Networks representing real systems are usually not regular and inhomogeneous, with various parts of the network having radically different structure. For instance, many networks contain a few important vertices, often referred to as hubs, that have many more connections than a typical vertex. Another example is a network that consists of several communities, densely connected groups of vertices, with significantly more internal connections than external connections.
The work in this thesis is centered around the analysis of community detection methods for inhomogeneous networks, as well the detection of other types of anomalies such as botnets. We study how existing community detection methods can be extended to a setting of inhomogeneous random graphs. Random graphs are network models that are used to test whether there is an actual structure present in networks or whether it can also be attributed to random noise.
This led to new insights on the properties of the random graphs we study, and we show how community detection methods can be extended to the inhomogeneous setting in an optimal manner. The insights from this project also sparked the interest to consider a related project about the detection of botnets.
Lastly, we consider dynamically growing networks using the preferential attachment model. Below I will elaborate more on each of these projects, and the publications that originated from them.
Cliques in graphs
One of the main questions we answer in this thesis is: ``What is the smallest community that can theoretically be detected in an already inhomogeneous graph?'". The initial work on this project resulted in novel insights about inhomogeneous graphs and, in particular, about the behavior of cliques in these graphs. Remarkably, the size of the largest clique is almost always the same, even in rather inhomogeneous random graphs.
We also extended these results to quasi-cliques and show that also the quasi-clique is highly concentrated in dense inhomogeneous random graphs. We were also able answer our initial question and characterized the smallest community that can theoretically be detected in an inhomogeneous graph. We have done this by proposing and analyzing a scan test and showing that this scan test is optimal in the sense that it is not possible to detect any community that cannot also be detected by our scan test.
Communities are typically modeled as more densely connected subgraphs within a graph, but one is sometimes also interested in subgraphs that are different in other ways. For example, one could be interested in an anomaly such as a botnet that tries to mask its presence by not making too many connections.
However, the connectivity structure or underlying geometry of a botnet is often still rather different, and this can be exploited to detect the presence of such a botnet. We formalized this idea and introduced two tests that can both detect such a botnet. Furthermore, we also show that these tests are optimal in an asymptotic sense.

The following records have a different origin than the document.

-- ===== src/Config/Examples.antt =====
-- The theorems on backups and compliance at a small database, and tests.
use net_soc_ops.Prelude.{
  ℕ, String, ◌≡◌, refl, ◌⊎◌, ◌≤◌, true, false, Option, none, some, List, [], ◌∷◌, ◌++◌, length, All,
  map, strip, lower, arith,
}
use net_soc_ops.Prelude.Results.{ok, err}
use net_soc_ops.Config.Store.{
  Backup, Policy, Report, ReportPolicy, ComplianceResult, Db, integrity_error,
}
use net_soc_ops.Config.Backups.{
  BackupCreate, device_key, has_host, is_of_device, make_room, store_backup, create_backup,
  delete_backup, remove_backup,
}
use net_soc_ops.Config.Backups.Limit.{count, AreFew, create_backup-AreFew}
use net_soc_ops.Config.Policies.{is_part, run_policy_on_content}
use net_soc_ops.Config.Reports.{find_report, delete_compliance_report}
use net_soc_ops.Config.Compliance.{
  Target, Resolved, latest, collect, resolve_by_ids, linked_ids, own_policies, chosen_report,
  named_backup, fallback, resolve_one, resolve_target, resolve_backups_for_run, add_result,
  run_policies, run_backups, run_resolved, run_compliance,
}
use net_soc_ops.Config.Compliance.Enabled.{Takes, resolve_backups_for_run-Names}
use net_soc_ops.Config.Compliance.Counted.{rows_from, run_compliance-pairs}
use net_soc_ops.Config.Xml.{
  Element, node, end, child, namespace, find_el, findall_el, text_of, pattern_rules, rules_of,
  parse_report_policies_from_root, report_root, exported_policies, export_compliance_report_xml,
  import_compliance_report_xml,
}
use net_soc_ops.Config.Xml.Read.{IsPlain, rule_of, numbered, import-export}
use net_soc_ops.Config.Schedules.{
  Schedule, Plans, delete_report, stored_run, run_compliance_schedule_now,
}
use net_soc_ops.Config.Schedules.Bound.{Adds, IsOfReport, run_compliance_schedule_now-Adds}

abbrev first_backup : Backup
first_backup = record {
  id = 1;
  device_id = "d1";
  device_name = none;
  device_host = none;
  job_execution_id = none;
  content = "hostname core\nntp server 10.0.0.1";
  source = "api";
  remark = none;
  created_at = 5;
}

abbrev ntp : Policy
ntp = record {
  id = 1;
  name = "ntp";
  rule_type = "must_contain";
  rule_content = "ntp server";
  device_type = none;
  description = none;
  group = none;
  enabled = true;
}

abbrev telnet : Policy
telnet = record {
  id = 2;
  name = "telnet";
  rule_type = "must_not_contain";
  rule_content = "telnet";
  device_type = none;
  description = none;
  group = none;
  enabled = false;
}

abbrev report : Report
report = record {
  id = 1;
  name = "base";
  group = none;
  comments = none;
  device_type = none;
  enabled = true;
}

abbrev link : ℕ → ReportPolicy
link policy_id = record {
  id = policy_id;
  report_id = 1;
  policy_id = policy_id;
  sort_order = policy_id;
}

-- One backup and two policies of one report, where the second policy is disabled.
abbrev db_with : List ReportPolicy → List ComplianceResult → Db
db_with links results = record {
  backups = first_backup ∷ [];
  next_backup = 2;
  policies = ntp ∷ telnet ∷ [];
  next_policy = 3;
  reports = report ∷ [];
  next_report = 2;
  report_policies = links;
  next_link = 3;
  results = results;
  next_result = 1;
}

abbrev db : Db
db = db_with (link 1 ∷ link 2 ∷ []) []

abbrev target : Target
target = record {
  backup_id = some 1;
  device_id = none;
  device_ids = [];
  report_id = some 1;
  target_by_device_type = false;
  policy_ids = [];
}

no_devices : String → List (Option String × String)
no_devices device_type = []

no_match : String → String → Option (Option String)
no_match rule text = some none

abbrev own_run : Resolved
own_run = record { backups = first_backup ∷ []; policies = ntp ∷ []; report_id = some 1 }

resolves : resolve_backups_for_run no_devices target db ≡ ok own_run
unfolding resolve_backups_for_run chosen_report resolve_target resolve_one named_backup own_policies
    linked_ids
resolves = refl

resolve_backups_for_run-Names_example :
    (r : Report) × (find_report 1 db ≡ some r)
    × (r.enabled ≡ true)
    × (own_run.report_id ≡ some r.id)
    × Takes r db target own_run
resolve_backups_for_run-Names_example =
    resolve_backups_for_run-Names no_devices target db 1 own_run refl resolves

-- A report whose links are all to disabled policies: the run takes every policy, this one included.
fallback_test :
    resolve_backups_for_run no_devices target (db_with (link 2 ∷ []) [])
    ≡ ok (record own_run { policies = ntp ∷ telnet ∷ [] })
unfolding resolve_backups_for_run chosen_report resolve_target resolve_one named_backup own_policies
    linked_ids fallback
fallback_test = refl

abbrev passes : ComplianceResult
passes = record {
  id = 1;
  policy_id = 1;
  backup_id = some 1;
  device_id = "d1";
  report_id = some 1;
  passed = true;
  detail = "包含";
}

abbrev after_run : Db
after_run = record (db_with (link 1 ∷ link 2 ∷ []) (passes ∷ [])) { next_result = 2 }

runs : run_compliance no_devices no_match target db ≡ ok (1, after_run)
unfolding run_compliance run_resolved run_backups run_policies add_result run_policy_on_content
    is_part strip resolve_backups_for_run chosen_report resolve_target resolve_one named_backup
    own_policies linked_ids
runs = refl

run_compliance-pairs_example :
    (after_run.results ≡ rows_from no_match (some 1) 1 ((first_backup, ntp) ∷ []))
    × ((◌≡◌ {A = ℕ} 1 (length own_run.backups)) ⊎ ((own_run.policies ≡ []) × (◌≡◌ {A = ℕ} 1 0)))
run_compliance-pairs_example =
    run_compliance-pairs no_devices no_match target db after_run 1 own_run resolves runs

-- A backup that a result names stays.
delete_test : delete_backup 1 after_run ≡ err integrity_error
unfolding delete_backup remove_backup
delete_test = refl

abbrev body : BackupCreate
body = record {
  device_id = "d1";
  device_name = none;
  device_host = some "10.0.0.1";
  job_execution_id = none;
  content = "hostname core";
  source = none;
  remark = none;
}

abbrev after_create : Db
after_create = record db {
  backups =
      first_backup
      ∷ record {
        id = 2;
        device_id = "d1";
        device_name = none;
        device_host = some "10.0.0.1";
        job_execution_id = none;
        content = "hostname core";
        source = "api";
        remark = none;
        created_at = 9;
      }
      ∷ [];
  next_backup = 3;
}

trimmed : strip "10.0.0.1" ≡ "10.0.0.1"
unfolding strip
trimmed = refl

creates : create_backup 9 body db ≡ ok after_create
unfolding create_backup device_key is_of_device make_room store_backup strip
creates = refl

few : AreFew db
few host full = omega arith

create_backup-AreFew_example : count (has_host "10.0.0.1") after_create.backups ≤ 90
create_backup-AreFew_example =
    create_backup-AreFew 9 body db after_create trimmed few creates "10.0.0.1" refl

abbrev plan : Option ℕ → Schedule
plan last_run_at = record {
  id = 1;
  name = "nightly";
  report_id = 1;
  target_type = "device_ids";
  target_device_ids = some "[d1]";
  cron_expr = none;
  interval_seconds = some 3600;
  enabled = true;
  last_run_at = last_run_at;
}

abbrev plans : Plans
plans = record { db = db; schedules = plan none ∷ []; next_schedule = 2 }

abbrev plans_after : Plans
plans_after = record { db = after_run; schedules = plan (some 9) ∷ []; next_schedule = 2 }

-- `json.loads` where every text is the list of one key.
one_key : String → Option (List String)
one_key s = some ("d1" ∷ [])

schedule_runs :
    run_compliance_schedule_now one_key no_devices no_match 9 1 plans ≡ ok (1, plans_after)
unfolding run_compliance_schedule_now one_key stored_run run_backups run_policies add_result
    run_policy_on_content is_part strip resolve_backups_for_run chosen_report resolve_target
    resolve_by_ids collect latest own_policies linked_ids
schedule_runs = refl

run_compliance_schedule_now-Adds_example : Adds (IsOfReport 1 db) [] (passes ∷ [])
run_compliance_schedule_now-Adds_example =
    run_compliance_schedule_now-Adds one_key no_devices no_match 9 1 0 (plan none) plans plans_after
      1 refl refl schedule_runs

-- With the report go its links and its schedules.
delete_report_test :
    delete_report 1 plans
    ≡ ok (record plans { db = record db { reports = []; report_policies = [] }; schedules = [] })
unfolding delete_report delete_compliance_report
delete_report_test = refl

-- A printer that forgets, and a parser for its one document.
some_print : Element → String
some_print e = "<PolicyReport/>"

abbrev exported : Element
exported = report_root report (exported_policies 1 db)

some_parse : String → Option Element
some_parse s = some exported

parses : some_parse (some_print exported) ≡ some exported
unfolding some_parse
parses = refl

both-IsPlain : All IsPlain (exported_policies 1 db)
unfolding exported_policies linked_ids
both-IsPlain = ((refl, refl, refl, refl, tt), ((refl, refl, refl, refl, tt), tt))

import-export_example :
    (text : String) × (db' : Db) × (export_compliance_report_xml some_print 1 db ≡ ok text)
    × (import_compliance_report_xml some_parse text db ≡ ok db')
    × (db'.policies ≡ db.policies ++ numbered 3 (map rule_of (exported_policies 1 db)))
import-export_example = import-export some_print some_parse 1 report db refl parses both-IsPlain

-- The NCM format: rules below a policy, in a namespace.
parse_test :
    parse_report_policies_from_root (
      node "{n}PolicyReport" [] "" (
        child
          (node "{n}AssignedPolicies" [] "" (
            child
              (node "{n}Policy" [] "" (
                child
                  (node "{n}AssignedPolicyRules" [] "" (
                    child
                      (node "{n}PolicyRule" [] "" (
                        child
                          (node "{n}SimplePatternText" [] " ntp " end)
                          (child (node "{n}PatternType" [] "RegEx" end) end)))
                      end))
                  end))
              end))
          end))
    ≡ record { name = "ntp"; rule_type = "regex"; rule_content = "ntp"; device_type = none } ∷ []
unfolding parse_report_policies_from_root find_el findall_el namespace rules_of pattern_rules
    text_of lower strip is_part
parse_test = refl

Many networks are dynamic and change over time, with some rules concerning the evolution or growth of the graph. For this we consider the preferential attachment model and study what happens when the attachment function changes after some time. In particular, we investigated when it is possible to detect that the attachment function has changed. We show that this is indeed possible, even when there are only few vertices with using the alternative attachment function.